SHELTER WATCH: Pols tell mayor not to pit neighborhoods against each other
Nov 07, 2018 | 723 views | 0 0 comments | 44 44 recommendations | email to a friend | print
Local elected officials continue to plead with the mayor to reject new homeless shelters in their communities.

In a November 2nd letter to de Blasio, Assembly members Cathy Nolan and Brian Barnwell said the many homeless hotels operating in their districts, including the Holiday Inn Express, have not been run well.

“They are not addressing community concerns,” they wrote. “We are compassionate, but the negative impacts for both homeless and community have been real.”

The state lawmakers expressed their staunch opposition to converting PS 9 in Maspeth into a shelter because “a school building is not an appropriate location to place homeless individuals.”

They also made the case that District 24 is already one of the most overcrowded districts in the city. CEC 24 made this point last week.
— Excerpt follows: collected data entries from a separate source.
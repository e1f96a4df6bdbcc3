-- ===== src/Watchdog/Tests.antt =====
-- Runs of the watchdog of watchdog.go.
use mathlib.Core.List.{Mem, mem-cons_self, mem-cons_of_mem}
use text.Mathlib.TextEquality.{eq_iff}
use beryl7_ai_agent.Base.{◌≡◌, ◌≢◌, refl, String, true, false, none, some, [], ◌∷◌, arith}
use beryl7_ai_agent.Base.Int.{pos}
use beryl7_ai_agent.Watchdog.{
  Settings, Body, Checkpoint, json, Watchdog, System, new_watchdog, execute_rollback,
}
use beryl7_ai_agent.Watchdog.SafeMode.{record_all, safe_mode-record_all}
use beryl7_ai_agent.Watchdog.Rollback.{safe_mode-rollback}

abbrev constant_digest : Body → String
constant_digest b = "d41d"

abbrev healthy : System
healthy = record {
  now = 1700;
  write_ok = true;
  rename_ok = true;
  open_ok = true;
  import_ok = false;
  has_wifi = true;
  has_sbin_wifi = false;
}

abbrev alarmed : Watchdog
alarmed = record { safe_mode = true; checks = pos 2; rollback_window = 30; suspended = false }

abbrev lan_settings : Settings
lan_settings = ("", "x") ∷ ("network.lan.ipaddr", "192.168.8.1") ∷ []

abbrev stored : Checkpoint
stored = record {
  body = record {
    version = 1;
    timestamp = 1600;
    safe_mode_active = false;
    successful_checks = pos 0;
    config_snapshot = lan_settings;
  };
  checksum = "d41d";
}

safe_mode-record_all_example :
    (record_all constant_digest (healthy ∷ healthy ∷ healthy ∷ []) (alarmed, none)).0.safe_mode
    ≡ false
safe_mode-record_all_example =
    safe_mode-record_all constant_digest (healthy ∷ healthy ∷ healthy ∷ []) alarmed none 2 refl refl
      (omega arith)

safe_mode-rollback_example :
    let disk = (execute_rollback constant_digest healthy alarmed (some (json stored))).2 in
    (record_all constant_digest
      (healthy ∷ healthy ∷ [])
      (new_watchdog constant_digest disk, disk)).0.safe_mode
    ≡ true
safe_mode-rollback_example =
    safe_mode-rollback constant_digest healthy alarmed (some (json stored)) (healthy ∷ healthy ∷ [])
      refl refl

lan_named : ◌≢◌ {A = String} "network.lan.ipaddr" ""
lan_named = ground (arith, eq_iff "network.lan.ipaddr" "")

lan_stored : Mem ("network.lan.ipaddr", "192.168.8.1") lan_settings
lan_stored = mem-cons_of_mem _ mem-cons_self
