-- ===== src/Lib.antt =====
-- A verification library of the load balancer: its routers, HTTP parser, connection state machine,
-- reactor, health checker and command line.
--
-- The program is one process per worker. `reactor.py` runs an event loop over non-blocking sockets;
-- each client has a `ProxyConnection` (`connection.py`), a state machine whose handlers the loop
-- calls when a socket is ready or a deadline has passed. A connection parses the request and frames
-- the response with `http_parser.py`, and asks a router (`router.py`) for a backend, to which it
-- reports the disconnect at its end. `health_checker.py` is a thread that probes the backends and
-- marks them in the same router. `main.py` reads the command line and starts one worker, or a
-- supervisor that forks several and waits for them.
--
-- Files and code:
--   Prelude, Prelude/*      Boolean tests, lists and integers over the native numbers, association
--                           lists and sets (Dict), the heap (Heap).
--   Bytes, Bytes/*          the methods of `bytes` and `str`, `int(s, base)` and `str(n)` in use.
--   Config                  constants of `config.py`.
--   Backend, Router, Router/RoundRobin*, Router/LeastConnections*
--                           `router.py`: the two routers, one function per method, under the
--                           methods' names.
--   Router/Routing, Router/Instances
--                           the interface of both routers with its laws, as a record, and the two
--                           routers as instances; `Accounts` is what a counting router adds.
--   Http, Http/Request, Http/Request/*, Http/Response, Http/Chunked, Http/Chunked/*
--                           `http_parser.py`.
--   Connection, Connection/Deadline, Connection/Finish, Connection/Connect, Connection/Handlers
--                           `connection.py`: `ProxyConnection` with all its fields, and its
--                           handlers over any router of the interface. A handler takes what the
--                           socket call at its head returned and changes a `Sys`: the connection,
--                           the shared router and the world (readings of the clock, results of
--                           `connect_ex`, and the effects so far: sockets opened and closed, bytes
--                           sent by `sendall`, entries of the access log).
--   Connection/Events, Connection/Events/*
--                           `Reactor._dispatch` of `reactor.py` for one connection: events and runs
--                           of events. A run is of one connection, and nothing else uses its router
--                           meanwhile; what many connections do to one router is in Worker.
--   Connection/Life, Connection/Life/*
--                           the life cycle of a connection as a relation on what matters of it (its
--                           state, sockets, backend and attempts), that each handler of
--                           `connection.py` keeps to it, and what follows for the attempts.
--   Reactor, Reactor/Selector, Reactor/Deadlines, Reactor/Dispatch, Reactor/Loop
--                           `reactor.py`: the `Reactor` with its tables, registrations and deadline
--                           heap, and one function per method. A round of the loop takes what
--                           `select` returned, with what the sockets answer.
--   Reactor/Deadlines/*, Reactor/Loop/*
--                           the deadline heap through the loops and through whole rounds.
--   Main, Main/Backends, Main/Supervisor, and the files below them
--                           `parse_backends`, `_run_supervisor` and the decisions of `main` in
--                           `main.py`.
--   HealthChecker, HealthChecker/Sweep, HealthChecker/Thread
--                           `health_checker.py`: `_probe`, one pass of `HealthChecker._run`, and the
--                           thread with `start` and `stop`.
--   Worker, Worker/*        what `_run_worker` of `main.py` starts: the router, the reactor over it,
--                           and the steps of the reactor and of the health checker on that router
--                           in any order; the sum over the table of connections (Total), and the
--                           books of the router through each step (Balance, Steps, Counts).
--   Tests, Tests/*          runs at concrete inputs.
--
-- Conventions. Texts are lists of numbers below 256. Numbers are natural numbers, and integers where
-- Python may go below zero (sizes, lengths, positions of the chunk scan). Times are in milliseconds.
-- Each method of a router runs under its lock, so it is one step. A `set` is a list without
-- duplicates, of which only membership is used; a `heapq` is a sorted list, whose head is what
-- `heappop` returns.
--
-- A connection object is a number (Ref) in the order of creation, and `id_of` is Python's `id`, of
-- which only what a theorem names is assumed. The sockets of clients and of backends are numbered
-- apart, each new one with a number of its own, so that a registration belongs to a socket object;
-- that a closed descriptor is given out again, on which what the selector watches depends, is not in
-- the model, and nothing is proved of the registrations. A signal handler is an event of the round,
-- and of the wait of the supervisor, in which it runs.
--
-- The health checker's thread marks a backend between two steps of the reactor, each of which is a
-- call of `_select_timeout`, of `_accept`, of `_dispatch`, of `_expire_timeouts` or of `_reap`. The
-- probe itself touches no shared state.
--
-- Exceptions. `connect_ex` returns an error number or raises (`Dialled`: a host that is not found, a
-- port out of range). An exception leaves the handler and `_dispatch` at once, and `_loop` sets DONE
-- and goes on: `escape` writes the state, `World.raised` keeps `_dispatch` from doing more, and
-- `write_back` takes the mark away. Whether a `sendall` fails is asked of the world for each call.
--
-- Fuel. The scan of a chunked body takes one unit for each chunk and gets one more than the body has
-- bytes; `out_of_fuel` is a loop that has not ended. The chain of `_initiate_backend_connect` and
-- `_fail_backend`, which call each other, gets two more than `MAX_BACKEND_RETRIES`. A handler
-- returns `none` where the chunk scan of the source does not return.
--
-- Not modelled: the set-up of the listening socket; that `socket.socket()` fails for want of
-- descriptors; exceptions of a probe other than `OSError`, which end the health checker's thread; in
-- `main.py` the declaration of the options and the end of `_run_worker`; how long the health checker
-- waits, and the socket calls of its probe; log output other than the access log;
-- `mock_backends.py`; the limit of 4300 digits of `int()`, and that `int()` of an ASCII text refuses
-- the separators 28 to 31 around the number, which are stripped here as white space.
pub mod Prelude
pub mod Config
pub mod Backend
pub mod Bytes
pub mod Http
pub mod Router
pub mod HealthChecker
pub mod Connection
pub mod Reactor
pub mod Worker
pub mod Main
pub mod Tests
“We need more schools, not fewer,” they wrote. “We support new school seats.”

Finally, they said, small residential neighborhoods like Ridgewood, Glendale, Maspeth and Middle Village in CB5, Sunnyside, Woodside and Long Island City in CB2, and Astoria and Dutch Kills in CB1 are, in many ways, underserved.

“They have no ability to absorb homeless populations,” they said. “We urge you not to pit Queens neighborhoods against each other.”

As they await de Blasio’s response, the mayor has made it clear a shelter will be opened in the area, regardless of opposition.